IF you are handy U Should be able to do most of these Mods.

All i want is a thanx.


----------



## GTOsarge (Oct 9, 2007)

3 grand is a really nice start. Headers and exhaust are a must along with a tune. Let us know how it goes.


----------



## bigboom44 (Nov 21, 2008)

thanks guys for the imput. so if i do headers, cai, intake manifold and throttle body along with a tune, how much could i gain?


----------



## Aramz06 (Mar 2, 2008)

Not a pro, but I'd guess about 35whp at the most. You have better options with 3k for more power though.


----------



## bigboom44 (Nov 21, 2008)

aramz what do you think 4 more power? thank you 4 your imput


----------



## jpalamar (Jul 22, 2008)

Best thing you can do with $3000 is find out what guals you have for the car. Track, AutoX, DD?

If I had $3000 I would do coated Pacesetter LTs, shifter, tune, and suspension. Best foundation for anything in the future.


----------



## MJGTOWISH (Jun 15, 2006)

What you might think about What I added These would be more of an gateway to other mods I.E. Cams , Stroke Kit,Etc.

But what they would give you is Way better throttle Response, And a little more power. But the diffrence comes into play when you get the Cams and such this is were The most noticable diffrence will come into play.

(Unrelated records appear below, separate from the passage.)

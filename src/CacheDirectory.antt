-- ===== src/CacheDirectory.antt =====
-- src/common/client_cache_directory.cc: which clients have which pages of a file in their caches. A
-- std::multimap is the list of its elements, equal_range those with an equivalent key, and a std::map an
-- association list in the order in which the keys came.
pub mod Registered
pub mod Invalidated
pub mod Tests
use hecios.OrderedSet.{set_insert}
use hecios.Layout.Distribution.{FileDistribution}
use hecios.Mapping.Processor.{FileView, create_server_file_layout_for_read}
use hecios.FilePages.{regions_to_page_ids}
use hecios.Prelude.{
  ℕ, Bool, true, false, ◌&&◌, List, [], ◌∷◌, ◌++◌, Option, none, some, ◌>>=◌, if◌then◌else◌, ◌==◌,
  ltb,
}

pub data State : Type 0 where
  invalid_state shared exclusive : State

pub record ClientCache : Type 0 where
  pub rank : ℕ
  pub connection : ℕ

-- `K` is the type of file names.
pub record Entry (K : Type 0) : Type 0 where
  pub filename : K
  pub page_id : ℕ
  pub state : State

abbrev pub Directory : Type 0 → Type 0
Directory K = List (Entry K × ClientCache)

abbrev pub InvalidationMap : Type 0 → Type 0
InvalidationMap K = List (ClientCache × List (Entry K))

-- operator== of clients. `none`: the assert of `compare` fails.
unfoldable pub same_client : ClientCache → ClientCache → Option Bool
same_client l r =
    if l.rank == r.rank
    then if l.connection == r.connection then some true else none
    else some false

-- operator< of entries; the state does not matter. `less` is the operator< of file names.
unfoldable pub less_entry : {K : Type 0} → (K → K → Bool) → Entry K → Entry K → Bool
less_entry less l r =
    if l.page_id == r.page_id then less l.filename r.filename else ltb l.page_id r.page_id

-- `invalidations[client].insert(entry)`.
unfoldable pub add_invalidation :
    {K : Type 0}
    → (K → K → Bool)
    → ClientCache
    → Entry K
    → InvalidationMap K
    → Option (InvalidationMap K)
add_invalidation less client e [] = some ((client, e ∷ []) ∷ [])
add_invalidation less client e ((c, entries) ∷ m) = do
  same ← same_client client c
  elim same [
    | true ↦ some ((c, set_insert (less_entry less) e entries) ∷ m)
    | false ↦ do rest ← add_invalidation less client e m; some ((c, entries) ∷ rest)
  ]

module _ {K : Type 0} (dec : Discrete K) where
  -- operator== of entries.
  unfoldable pub same_entry : Entry K → Entry K → Bool
  same_entry l r =
      (l.page_id == r.page_id) && elim (dec l.filename r.filename) [ yes _ ↦ true | no _ ↦ false ]

  unfoldable pub add_client_cache_entry : Directory K → ClientCache → K → ℕ → State → Directory K
  add_client_cache_entry directory client filename page_id state =
      directory ++ (record { filename = filename; page_id = page_id; state = state }, client) ∷ []

  abbrev key : K → ℕ → Entry K
  key filename page_id = record { filename = filename; page_id = page_id; state = invalid_state }

  -- The loop over the equal range, in which the client's elements are erased.
  unfoldable pub remove_client_cache_entry :
      Directory K → ClientCache → K → ℕ → Option (Directory K)
  remove_client_cache_entry [] client filename page_id = some []
  remove_client_cache_entry ((e, c) ∷ directory) client filename page_id = do
    rest ← remove_client_cache_entry directory client filename page_id
    same ← if same_entry e (key filename page_id) then same_client client c else some false
    some (if same then rest else (e, c) ∷ rest)

  unfoldable pub remove_client_cache_entry_by_rank : Directory K → ℕ → K → ℕ → Directory K
  remove_client_cache_entry_by_rank [] rank filename page_id = []
  remove_client_cache_entry_by_rank ((e, c) ∷ directory) rank filename page_id =
      let rest = remove_client_cache_entry_by_rank directory rank filename page_id in
      if same_entry e (key filename page_id) && (rank == c.rank) then rest else (e, c) ∷ rest

  -- The loop over the elements of one page, and the loop over the pages.
  unfoldable pub invalidate_page :
      (K → K → Bool) → Directory K → K → ℕ → InvalidationMap K → Option (InvalidationMap K)
  invalidate_page less [] filename page_id m = some m
  invalidate_page less ((e, c) ∷ directory) filename page_id m = do
    next ←
        if same_entry e (key filename page_id)
        then add_invalidation less c (key filename page_id) m
        else some m
    invalidate_page less directory filename page_id next

  unfoldable pub invalidate_pages :
      (K → K → Bool) → Directory K → K → List ℕ → InvalidationMap K → Option (InvalidationMap K)
  invalidate_pages less directory filename [] m = some m
  invalidate_pages less directory filename (page_id ∷ page_ids) m = do
    next ← invalidate_page less directory filename page_id m
    invalidate_pages less directory filename page_ids next

  -- getClientsNeedingInvalidate. The size of the file's object on the server is the argument
  -- `bstream_size`.
  unfoldable pub get_clients_needing_invalidate :
      ℕ
      → (K → K → Bool)
      → Directory K
      → K
      → ℕ
      → ℕ
      → ℕ
      → FileView
      → FileDistribution
      → ℕ
      → Option (InvalidationMap K)
  get_clients_needing_invalidate fuel less directory filename page_size offset data_size view dist
        bstream_size =
      do
        layout ← create_server_file_layout_for_read fuel offset data_size view dist bstream_size []
        invalidate_pages less directory filename (regions_to_page_ids page_size layout.1) []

Honstly you would get 400-435 H.P. At the wheels With a good tune. This would be perfect, Any more than this 450+ and you will still start having to upgrade drivetrain compents clutch,drive shafts , Half shafts Etc


----------



## Tri-Power (Jan 10, 2008)

MJGTOWISH said:


> Honstly you would get 400-435 H.P. At the wheels With a good tune *and a cam*.


_fixed_


----------



## GM4life (Mar 18, 2007)

REDGTO89 said:


> maybe a cam+headers+tune?:cheers


:agree

Thats where I would put my 3k.


----------



## deg04gto (Feb 10, 2008)

REDGTO89 said:


> maybe a cam+headers+tune?:cheers


:agree and tires would be a good idea as well


----------



## bigboom44 (Nov 21, 2008)

what would be a good cam for the car. i know there many of them, but will probably do headers, cam, tune. or save for a few more weeks and get a turbo


----------



## MJGTOWISH (Jun 15, 2006)

If you get an turbo you might have to get a diffrent cam Don't quote me but i am pretty sure you would


----------



## deg04gto (Feb 10, 2008)

bigboom44 said:


> what would be a good cam for the car. i know there many of them, but will probably do headers, cam, tune. or save for a few more weeks and get a turbo


Comp Cams has a good number of cams with different lifts and durations depending on what you're looking for with regards to power out put


----------



## Tri-Power (Jan 10, 2008)

I would stray from a turbo unless your plans down the road are pretty serious. I think most people are pretty happy with their 12s cam & bolt-ons cars.


----------



## 06goatm6 (Dec 5, 2008)

Your question was how to get the most power, and Id have to agree with the turbo solution. There are a few for sale on here for 3500 or 4000. Save a little more and get yourself an STS Turbo kit and knock on the 500whp door! And you absolutely cannot beat that sound.
Like others have said, if you can do your own work it will change what you can afford to buy. Whatever you spend it on let us know what you get and how it works out. Im just rolling around stock for now. Svede has got my mind boiling on a new rear with 3.91s that should wake things up a bit.


----------



## LOWET (Oct 21, 2007)

bigboom44 said:


> so i need some ideas guys. i have 3000 that i can put into the goat right now that i have put aside. i dont know what to do. all i have is a cat back system. nothing else. anyone have any ideas how to put that money into making the most power i can? any ideas would greatly be appreciated. i have an 05. :willy:




Get a CAI, headers, U/D pulley, drag bags and a good tune


----------



## Charged327 (Feb 23, 2009)

bigboom44 said:


> what would be a good cam for the car. i know there many of them, but will probably do headers, cam, tune. or save for a few more weeks and get a turbo


The best advice that I can give you is get all the bolt ons out of the way first, before you start messing with the internals. ie. CAI, Headers, cat bak, dyno tune, don't mess around with superchips or diablo, they are conservative and safe blanket tunes. Every car is different and is the sum of the individual mods installed on it. A dyno tune will make adjustments to your tune based on the individual mods you have made to your car, typical handheld tunes can't do this accurately. 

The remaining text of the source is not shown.